DAS IST LOS BEI DRÄGERWERK:

Das zweite Quartal verlief bei Drägerwerk glänzend, wie erste Eckdaten von Mitte Juli zeigen. Der Auftragseingang sprang im Vergleich zum Vorjahresquartal währungsbereinigt um mehr als ein Drittel nach oben. Der Umsatz legte um mehr als ein Viertel auf rund 788 Millionen Euro zu. Der Gewinn vor Zinsen und Steuern (Ebit) lag bei rund 102 Millionen Euro und damit deutlich über dem Niveau des Vorjahres, als ein Verlust von 1,5 Millionen Euro verzeichnet wurde. Endgültige Zahlen zum ersten Halbjahr will Dräger am 13. August vorlegen.

Bisher hatte das Unternehmen für das Gesamtjahr nur die "Chance" auf ein deutlich höheres Umsatz- und Ergebnisniveau in Aussicht gestellt. Der anhaltende Boom von April bis Ende Juni hat die Lübecker aber deutlich zuversichtlicher gestimmt. Der Umsatz dürfte 2020 im Vergleich zum Vorjahr nun um 14 bis 22 Prozent steigen. Die Ebit-Marge soll zwischen 7 und 11 Prozent liegen.

Einen der größten Aufträge hat Drägerwerk im März von der Bundesregierung erhalten. Mehr als 10 000 Beatmungsgeräte sollen im Verlauf des Jahres geliefert werden. Eine noch größere Menge der Geräte will das Unternehmen ins Ausland schicken. Dazu werden die Produktionskapazitäten in Lübeck erheblich ausgebaut. Am Ende werde der Medizintechnikkonzern seine ursprünglichen Kapazitäten vervierfacht haben, sagte Konzernchef Stefan Dräger damals der Zeitung "Die Welt".

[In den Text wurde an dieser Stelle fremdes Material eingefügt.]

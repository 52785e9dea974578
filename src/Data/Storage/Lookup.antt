-- ===== src/Data/Storage/Lookup.antt =====
-- The tables of data/storage.py as maps from primary keys to rows.
use text.Mathlib.Text.{◌==◌ as str_eq}
use text.Mathlib.TextEquality.{eq_iff}
use binance_testnet_trading.Base.{
  ==_iff, Bool, Bool-cases, In, List, Option, [], ap, arith, false, if◌then◌else◌, inl, inr, none,
  refl, some, sym, true, ◌&&◌, ◌==◌, ◌∙◌, ◌∷◌, ◌≡◌, ◌⊎◌,
}
use binance_testnet_trading.Data.Storage.{Key, delete_keys, is_listed, same_key, upsert, upserts}

both_true : (a b : Bool) → (a && b) ≡ true → (a ≡ true) × (b ≡ true)
both_true a b h = ground arith

pub same_key_sound : (a b : Key) → same_key a b ≡ true → a ≡ b
same_key_sound (s, i, t) (s', i', t') h =
    let (symbols, rest) = both_true (str_eq s s') (str_eq i i' && t == t') h in
    let (intervals, times) = both_true (str_eq i i') (t == t') rest in
    let e : s ≡ s' = (eq_iff s s').0 symbols in
    let f : i ≡ i' = (eq_iff i i').0 intervals in
    let g : t ≡ t' = (==_iff t t').0 times in rw (e, f, g) refl

module _ {A : Type 0} (key : A → Key) where
  -- The row at a key.
  abbrev pub row_at : Key → List A → Option A
  row_at k [] = none
  row_at k (r ∷ rs) = let rest = row_at k rs in if same_key (key r) k then some r else rest

  -- The last of the rows with a key, or else what was there.
  abbrev latest : Key → List A → Option A → Option A
  latest k [] old = old
  latest k (r ∷ rs) old = latest k rs (if same_key (key r) k then some r else old)

  row_at-upsert :
      (k : Key) (row : A) (table : List A)
      → row_at k (upsert key row table)
        ≡ (if same_key (key row) k then some row else row_at k table)
  unfolding upsert
  row_at-upsert k row [] = refl
  row_at-upsert k row (r ∷ rs) =
      let rest = row_at-upsert k row rs in
      elim (Bool-cases (same_key (key r) (key row))) [
        | inl same ↦
            let e : key r ≡ key row = same_key_sound (key r) (key row) same in
            rw (same, e)
              (elim (Bool-cases (same_key (key row) k)) [
                | inl here ↦ rw here refl
                | inr there ↦ rw there refl
              ])
        | inr other ↦ rw other (elim (Bool-cases (same_key (key r) k)) [
          | inr there ↦ rw there rest
          | inl here ↦ elim (Bool-cases (same_key (key row) k)) [
            | inr elsewhere ↦ rw (here, elsewhere) refl
            | inl both ↦
                let e : key r ≡ k = same_key_sound (key r) k here in
                let f : key row ≡ k = same_key_sound (key row) k both in
                let same : same_key (key r) (key row) ≡ true =
                  ap (λ x. same_key (key r) x) (f ∙ sym e)
                  ∙ (ap (λ x. same_key (key r) x) e ∙ here) in
                absurd (ground (arith, same, other))
          ]
        ])
      ]

  row_at-upserts :
      (k : Key) (rows table : List A)
      → row_at k (upserts key rows table) ≡ latest k rows (row_at k table)
  unfolding upserts
  row_at-upserts k [] table = refl
  row_at-upserts k (row ∷ rows) table =
      row_at-upserts k rows (upsert key row table) ∙ ap (latest k rows) (row_at-upsert k row table)

  row_at-delete_keys :
      (k : Key) (keys : List Key) (table : List A)
      → row_at k (delete_keys key keys table)
        ≡ (if is_listed key keys k then none else row_at k table)
  row_at-delete_keys k keys [] = elim (Bool-cases (is_listed key keys k)) [
    | inl listed ↦ rw listed refl
    | inr kept ↦ rw kept refl
  ]
  row_at-delete_keys k keys (r ∷ rs) =
      let rest = row_at-delete_keys k keys rs in
      elim (Bool-cases (is_listed key keys (key r))) [
        | inl gone ↦ elim (Bool-cases (same_key (key r) k)) [
          | inl here ↦
              let e : key r ≡ k = same_key_sound (key r) k here in
              let listed : is_listed key keys k ≡ true = ap (is_listed key keys) (sym e) ∙ gone in
              rw gone (rest ∙ rw listed refl)
          | inr there ↦ rw (gone, there) rest
        ]
        | inr kept ↦ elim (Bool-cases (same_key (key r) k)) [
          | inl here ↦
              let e : key r ≡ k = same_key_sound (key r) k here in
              let spared : is_listed key keys k ≡ false = ap (is_listed key keys) (sym e) ∙ kept in
              rw (kept, here, spared) refl
          | inr there ↦ rw (kept, there) rest
        ]
      ]

  -- The rows either hide what was there or leave it.
  latest-cases :
      (k : Key) (rows : List A)
      → ((old : Option A) → latest k rows old ≡ old)
        ⊎ ((r : A) × ((old : Option A) → latest k rows old ≡ some r))
  latest-cases k [] = inl (λ old. refl)
  latest-cases k (r ∷ rs) = elim (latest-cases k rs) [
    | inr (last, hides) ↦ inr (last, λ old. hides (if same_key (key r) k then some r else old))
    | inl leaves ↦ elim (Bool-cases (same_key (key r) k)) [
      | inl here ↦ inr (r, λ old. rw here (leaves (some r)))
      | inr there ↦ inl (λ old. rw there (leaves old))
    ]
  ]

  -- What is left at a key, after rows were deleted and others put in.
  abbrev replaced : Key → List Key → List A → Option A → Option A
  replaced k keys rows old = latest k rows (if is_listed key keys k then none else old)

  pub replaced_twice :
      (k : Key) (keys : List Key) (rows : List A) (old : Option A)
      → replaced k keys rows (replaced k keys rows old) ≡ replaced k keys rows old
  replaced_twice k keys rows old = elim (latest-cases k rows) [
    | inr (r, hides) ↦ hides _ ∙ sym (hides _)
    | inl leaves ↦ elim (Bool-cases (is_listed key keys k)) [
      | inl listed ↦ rw listed refl
      | inr kept ↦ rw kept (leaves _)
    ]
  ]

  -- The table after rows were deleted and others put in.
  abbrev pub replace_rows : List Key → List A → List A → List A
  replace_rows keys rows table = upserts key rows (delete_keys key keys table)

  row_at-replace_rows :
      (k : Key) (keys : List Key) (rows table : List A)
      → row_at k (replace_rows keys rows table) ≡ replaced k keys rows (row_at k table)
  row_at-replace_rows k keys rows table =
      row_at-upserts k rows (delete_keys key keys table)
      ∙ ap (latest k rows) (row_at-delete_keys k keys table)

  pub replace_rows_twice :
      (k : Key) (keys : List Key) (rows table : List A)
      → row_at k (replace_rows keys rows (replace_rows keys rows table))
        ≡ row_at k (replace_rows keys rows table)
  replace_rows_twice k keys rows table =
      row_at-replace_rows k keys rows (replace_rows keys rows table)
      ∙ (ap (replaced k keys rows) (row_at-replace_rows k keys rows table)
          ∙ (replaced_twice k keys rows (row_at k table)
              ∙ sym (row_at-replace_rows k keys rows table)))

  pub upserts_twice :
      (k : Key) (rows table : List A)
      → row_at k (upserts key rows (upserts key rows table)) ≡ row_at k (upserts key rows table)
  upserts_twice k rows table =
      row_at-upserts k rows (upserts key rows table)
      ∙ (ap (latest k rows) (row_at-upserts k rows table)
          ∙ (replaced_twice k [] rows (row_at k table) ∙ sym (row_at-upserts k rows table)))

  latest-In :
      (k : Key) (rows : List A) (old : Option A)
      → (latest k rows old ≡ old)
        ⊎ ((r : A) × In r rows × (key r ≡ k) × (latest k rows old ≡ some r))
  latest-In k [] old = inl refl
  latest-In k (r ∷ rs) old = elim (Bool-cases (same_key (key r) k)) [
    | inr there ↦ rw there (elim (latest-In k rs old) [
      | inl left ↦ inl left
      | inr (c, found, at, last) ↦ inr (c, inr found, at, last)
    ])
    | inl here ↦
        let e : key r ≡ k = same_key_sound (key r) k here in
        rw here (elim (latest-In k rs (some r)) [
          | inl left ↦ inr (r, inl refl, e, left)
          | inr (c, found, at, last) ↦ inr (c, inr found, at, last)
        ])
  ]

  -- What is at a key after rows were put in: one of them, or what was there.
  pub row_at-upserts-In :
      (k : Key) (rows table : List A)
      → (row_at k (upserts key rows table) ≡ row_at k table)
        ⊎ ((r : A) × In r rows × (key r ≡ k) × (row_at k (upserts key rows table) ≡ some r))
  row_at-upserts-In k rows table =
      rw (row_at-upserts k rows table) (latest-In k rows (row_at k table))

Zuletzt nährten Presseberichte bei einigen Anlegern Zweifel, ob und wie lange der Auftragsboom in dieser Form weitergehen kann. Der "Spiegel" berichtete Anfang Juli, dass die Bundesregierung bei einigen Herstellern wohl zu viele Beatmungsgeräte bestellte und nun nicht alle abnehmen wolle - es gebe zur Zeit sinkenden Bedarf. Die Vermutung, dass auch Drägerwerk als Hersteller betroffen sein könnte, lag für viele Händler nahe. Konzernchef Dräger sagte dazu nur, dass die "Nachfrage die Produktionskapazitäten weiterhin stark übersteigt".

Das gilt auch für das Geschäft mit Schutzmasken: Drägerwerk baut hier ebenso die Produktion weiter massiv aus. Neben den Werken in Schweden und Südafrika zieht das Unternehmen neue Produktionsstandorte in den USA, Frankreich und Großbritannien hoch. So beliefert Dräger bald ganz Europa mit Masken, ebenso wie die britische Regierung und das US-Gesundheitsministerium. Österreichs Kanzler Sebastian Kurz oder den niederländischen König Willem-Alexander - Stefan Dräger hatte sie in der Krise alle am Telefon.

Diese Expansion kostet natürlich auch Geld. Für die Erweiterung der dann fünf Produktionsstandorte rechnet Dräger im laufenden Geschäftsjahr mit Investitionen in Höhe eines mittleren zweistelligen Millionenbetrags. Frisches Geld hatte sich das 1889 gegründete Familienunternehmen bereits Ende April über eine Kapitalerhöhung beschafft.

DAS SAGEN DIE ANALYSTEN:

Die vorläufigen Ergebnisse zum zweiten Quartal haben die Experten fast durchweg überrascht, ebenso wie die neue Prognose. NordLB-Analyst Holger Fechner stufte Drägerwerk in der Folge von Halten auf Kaufen hoch und lobte, dass sich der Ausblick nun konkretisiert habe. Allgemein rät die Mehrzahl der Fachleute nach den ermutigenden Signalen des Unternehmens zum Kauf der Aktie und traut ihr teilweise ein Plus von mindestens einem Fünftel auf ein Kursniveau von über 100 Euro zu.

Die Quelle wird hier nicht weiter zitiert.